◆ Activity:
Transcribe the listing word for word.

◆ Data records:
*-*-*

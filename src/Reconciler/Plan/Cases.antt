-- ===== src/Reconciler/Plan/Cases.antt =====
-- The plans that the operator relies on: a held tailnet, a settled one, a restarted one.
use hydrascale.Common.{
  true, false, ◌||◌, ◌≡◌, refl, ◌∙◌, some, [], ◌∷◌, Text, text_eq, nodup, Map, keys, lookup,
  Bool-cases, inl, inr, arith,
}
use hydrascale.Config.{Tailnet, Config, tailnet_host_access}
use hydrascale.Reconciler.{State, flag, dns_refresh_waits}
use hydrascale.Reconciler.Plan.{
  TailnetState, Tick, plain, sync_routes, sync_host_access, branch, healthy_actions, diff_tailnet,
  diff,
}
use hydrascale.Reconciler.Plan.Independent.{of}
use hydrascale.Reconciler.Plan.PerTailnet.{diff-planned}

module _ (tick : Tick) (desired : Map Text Tailnet) (actual : Map Text TailnetState) (s : State)
    (id : Text) (wanted : nodup (keys desired) ≡ true) (held : nodup (keys actual) ≡ true) where
  pub diff_declared :
      (tn : Tailnet)
      → lookup id desired ≡ some tn
      → of id (diff tick desired actual s).1 ≡ (diff_tailnet tick actual id tn s).1
  diff_declared tn found = diff-planned tick desired actual s id wanted held ∙ rw found refl

  -- A declared tailnet in the error state, or one that the operator paused, gets no action.
  pub diff_idle :
      (tn : Tailnet)
      → lookup id desired ≡ some tn
      → (flag id s.error_states || flag id s.paused_states) ≡ true
      → of id (diff tick desired actual s).1 ≡ []
  unfolding diff_tailnet
  diff_idle tn found idle = diff_declared tn found ∙ elim (Bool-cases (flag id s.error_states)) [
    | inl broken ↦ rw broken refl
    | inr working ↦
        let paused : flag id s.paused_states ≡ true = ground (arith, working, idle) in
        rw (working, paused) refl
  ]

  module _ (tn : Tailnet) (found : lookup id desired ≡ some tn)
      (working : flag id s.error_states ≡ false) (running : flag id s.paused_states ≡ false)
      (state : TailnetState) (there : lookup id actual ≡ some state)
      (exists : state.exists ≡ true) where
    -- A healthy tailnet with host access that waits for no DNS refresh gets the two periodic syncs.
    pub diff_settled :
        (cfg : Config)
        → tick.loaded ≡ some cfg
        → tailnet_host_access cfg id ≡ true
        → state.healthy ≡ true
        → dns_refresh_waits id s ≡ false
        → of id (diff tick desired actual s).1
          ≡ plain sync_routes id (tick.get_name id)
            ∷ plain sync_host_access id (tick.get_name id)
            ∷ []
    unfolding diff_tailnet branch healthy_actions
    diff_settled cfg loaded on healthy waits =
        diff_declared tn found
        ∙ rw (working, running) (rw there (rw (exists, healthy) (rw (waits, loaded) (rw on refl))))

*-*-*

◆ Answer below:
filename src/Reconciler/Plan/Cases.antt
-- ===== src/Reconciler/Plan/Cases.antt =====
-- The plans that the operator relies on: a held tailnet, a settled one, a restarted one.
use hydrascale.Common.{
  true, false, ◌||◌, ◌≡◌, refl, ◌∙◌, some, [], ◌∷◌, Text, text_eq, nodup, Map, keys, lookup,
  Bool-cases, inl, inr, arith,
}
use hydrascale.Config.{Tailnet, Config, tailnet_host_access}
use hydrascale.Reconciler.{State, flag, dns_refresh_waits}
use hydrascale.Reconciler.Plan.{
  TailnetState, Tick, plain, sync_routes, sync_host_access, branch, healthy_actions, diff_tailnet,
  diff,
}
use hydrascale.Reconciler.Plan.Independent.{of}
use hydrascale.Reconciler.Plan.PerTailnet.{diff-planned}

module _ (tick : Tick) (desired : Map Text Tailnet) (actual : Map Text TailnetState) (s : State)
    (id : Text) (wanted : nodup (keys desired) ≡ true) (held : nodup (keys actual) ≡ true) where
  pub diff_declared :
      (tn : Tailnet)
      → lookup id desired ≡ some tn
      → of id (diff tick desired actual s).1 ≡ (diff_tailnet tick actual id tn s).1
  diff_declared tn found = diff-planned tick desired actual s id wanted held ∙ rw found refl

  -- A declared tailnet in the error state, or one that the operator paused, gets no action.
  pub diff_idle :
      (tn : Tailnet)
      → lookup id desired ≡ some tn
      → (flag id s.error_states || flag id s.paused_states) ≡ true
      → of id (diff tick desired actual s).1 ≡ []
  unfolding diff_tailnet
  diff_idle tn found idle = diff_declared tn found ∙ elim (Bool-cases (flag id s.error_states)) [
    | inl broken ↦ rw broken refl
    | inr working ↦
        let paused : flag id s.paused_states ≡ true = ground (arith, working, idle) in
        rw (working, paused) refl
  ]

  module _ (tn : Tailnet) (found : lookup id desired ≡ some tn)
      (working : flag id s.error_states ≡ false) (running : flag id s.paused_states ≡ false)
      (state : TailnetState) (there : lookup id actual ≡ some state)
      (exists : state.exists ≡ true) where
    -- A healthy tailnet with host access that waits for no DNS refresh gets the two periodic syncs.
    pub diff_settled :
        (cfg : Config)
        → tick.loaded ≡ some cfg
        → tailnet_host_access cfg id ≡ true
        → state.healthy ≡ true
        → dns_refresh_waits id s ≡ false
        → of id (diff tick desired actual s).1
          ≡ plain sync_routes id (tick.get_name id)
            ∷ plain sync_host_access id (tick.get_name id)
            ∷ []
    unfolding diff_tailnet branch healthy_actions
    diff_settled cfg loaded on healthy waits =
        diff_declared tn found
        ∙ rw (working, running) (rw there (rw (exists, healthy) (rw (waits, loaded) (rw on refl))))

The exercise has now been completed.